Specjalna grupa powołana przez administrację prezydenta Busha ogłosiła, że spekulanci nie odpowiadają za rekordowe w tym roku zwyżki cen ropy. To dziwne, bo dwa lata wcześniej Senat USA wydał opracowanie, z którego wynika, że spekulacja jest odpowiedzialna za blisko 50 proc. wzrostu cen "czarnego złota". No cóż, specyfiką demokracji są spory między władzą wykonawczą a ustawodawczą. Obie się zresztą zgadzają w tym, że poważny wpływ na kształtowanie się cen ropy ma obecna nierównowaga między popytem a podażą tego surowca. Jednakże mało robią, by to zmienić. Na Alasce istnieją złoża ropy dorównujące wielkością saudyjskim. Gubernator tego stanu Sarah Palin bezskutecznie dobija się do różnych drzwi w Waszyngtonie, żądając od narodowych decydentów pozwolenia na ruszenie owego bogactwa. I co? I nic.
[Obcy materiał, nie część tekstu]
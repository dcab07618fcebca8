-- ===== src/AdminApi/Tests.antt =====
-- The admin API at concrete inputs; the sample token is "key".
use faircoin_bridge.AdminApi.{
  authorize, bearer, broken, passes, post_buyback_trigger, post_rewards_trigger,
}
use faircoin_bridge.AdminApi.Token.{authorize-passes}
use faircoin_bridge.AdminApi.Triggers.{HasToken, triggers_need_token}
use faircoin_bridge.Decimal.{Text}
use faircoin_bridge.Effects.{World}
use faircoin_bridge.Prelude.{Option, [], arith, refl, some, true, ◌++◌, ◌↔◌, ◌∷◌, ◌≡◌, ◌≢◌}
use faircoin_bridge.Samples.{calm_env, config, empty_store}
use faircoin_bridge.Store.{Store}

abbrev header : Option Text
header = some (bearer ++ b'k' ∷ b'e' ∷ b'x' ∷ [])

-- "ké" and one more character, as a header's bytes are read: as long as the token, but not in UTF-8.
abbrev longer_header : Option Text
longer_header = some (bearer ++ b'k' ∷ 233 ∷ b'y' ∷ [])

world : World Store
world = record { clock = 0; store = empty_store }

authorize-passes_example :
    (authorize config.admin_api_token header ≡ passes)
    ↔ ((t : Text) × (config.admin_api_token ≡ some t) × (t ≢ []) × (header ≡ some (bearer ++ t)))
authorize-passes_example = authorize-passes config.admin_api_token header

no_token : ¬ HasToken config header
no_token (t, e, n, h) = ground (arith, e, h)

triggers_need_token_example :
    ((post_buyback_trigger config calm_env header true world).1 ≡ world)
    × ((post_rewards_trigger config calm_env header true world).1 ≡ world)
triggers_need_token_example = triggers_need_token config calm_env header true world no_token

-- A header of the token's length with a character outside ASCII breaks the comparison.
comparison_breaks : authorize config.admin_api_token longer_header ≡ broken
unfolding authorize
comparison_breaks = refl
O nierównowadze popytu i podaży lubi dużo mówić szef Gazpromu Aleksiej Miller. Snuł nawet futurystyczną wizję świata w 2012 r. cierpiącego z powodu braku surowców energetycznych. Jak wynika z danych Banku Światowego, w Rosji jest corocznie niepotrzebnie spalany przy wydobyciu ropy gaz, który mógłby zaspokoić potrzeby energetyczne Francji. Skoro Miller wzywa ludzkość do rozsądku, mógłby zacząć naprawiać świat od własnej firmy.
Przykładem nieefektywnego wykorzystywania pokładów surowców są również działania rosyjskiego sojusznika - Iranu, kraju leżącego na olbrzymich złożach ropy i gazu, racjonującego paliwo. I nic dziwnego, od czasów szacha nie modernizowano tam rafinerii i teraz produkcja paliw leży na łopatkach.
Na ceny ropy wpływają również zagrożenia dla bezpieczeństwa dostaw. Rynkowi gracze za największe z nich uznają terrorystów z... Nigerii. Gdy tylko jakiś watażka rządzący kilkoma wioskami zagrozi, że będzie wysadzać rurociągi, cena "czarnego złota" skacze o kilka dolarów w Nowym Jorku. A wystarczyłoby wynająć prywatną firmę wojskową, taką jak np. Executive Outcoms. W kilka dni zapewniłaby bezpieczeństwo dostaw. Spółki tego typu radziły sobie przecież ze zniszczeniem partyzanckich armii w Sierra Leone i Angoli.
Przykład "rebeliantów" z delty Nigru wskazuje na ciekawy trend: rynek zwykle reaguje na mało istotne zagrożenia dla dostaw, ignoruje zaś poważne. Tegoroczny rekord cen ropy został osiągnięty m.in. dlatego, że Iran ogłosił, że wystrzelił na manewrach kilka rakiet Shehab-3. Zdecydowana większość graczy rynkowych zdawała się nie zauważać, że te pociski ajatollahowie mają od kilku lat, a na fotce z wystrzeliwania irańskich rakiet doklejono Photoshopem kilka dodatkowych Shehabów. Tak więc nędzne fałszerstwo wywołało panikę na rynku, a prawdziwe zagrożenia takie jak zacieśnianie przez Syrię i Iran kontroli nad Libanem (od tego kraju może się zacząć przyszła wojna izraelsko-syryjska) nie wywołują na traderach żadnego wrażenia.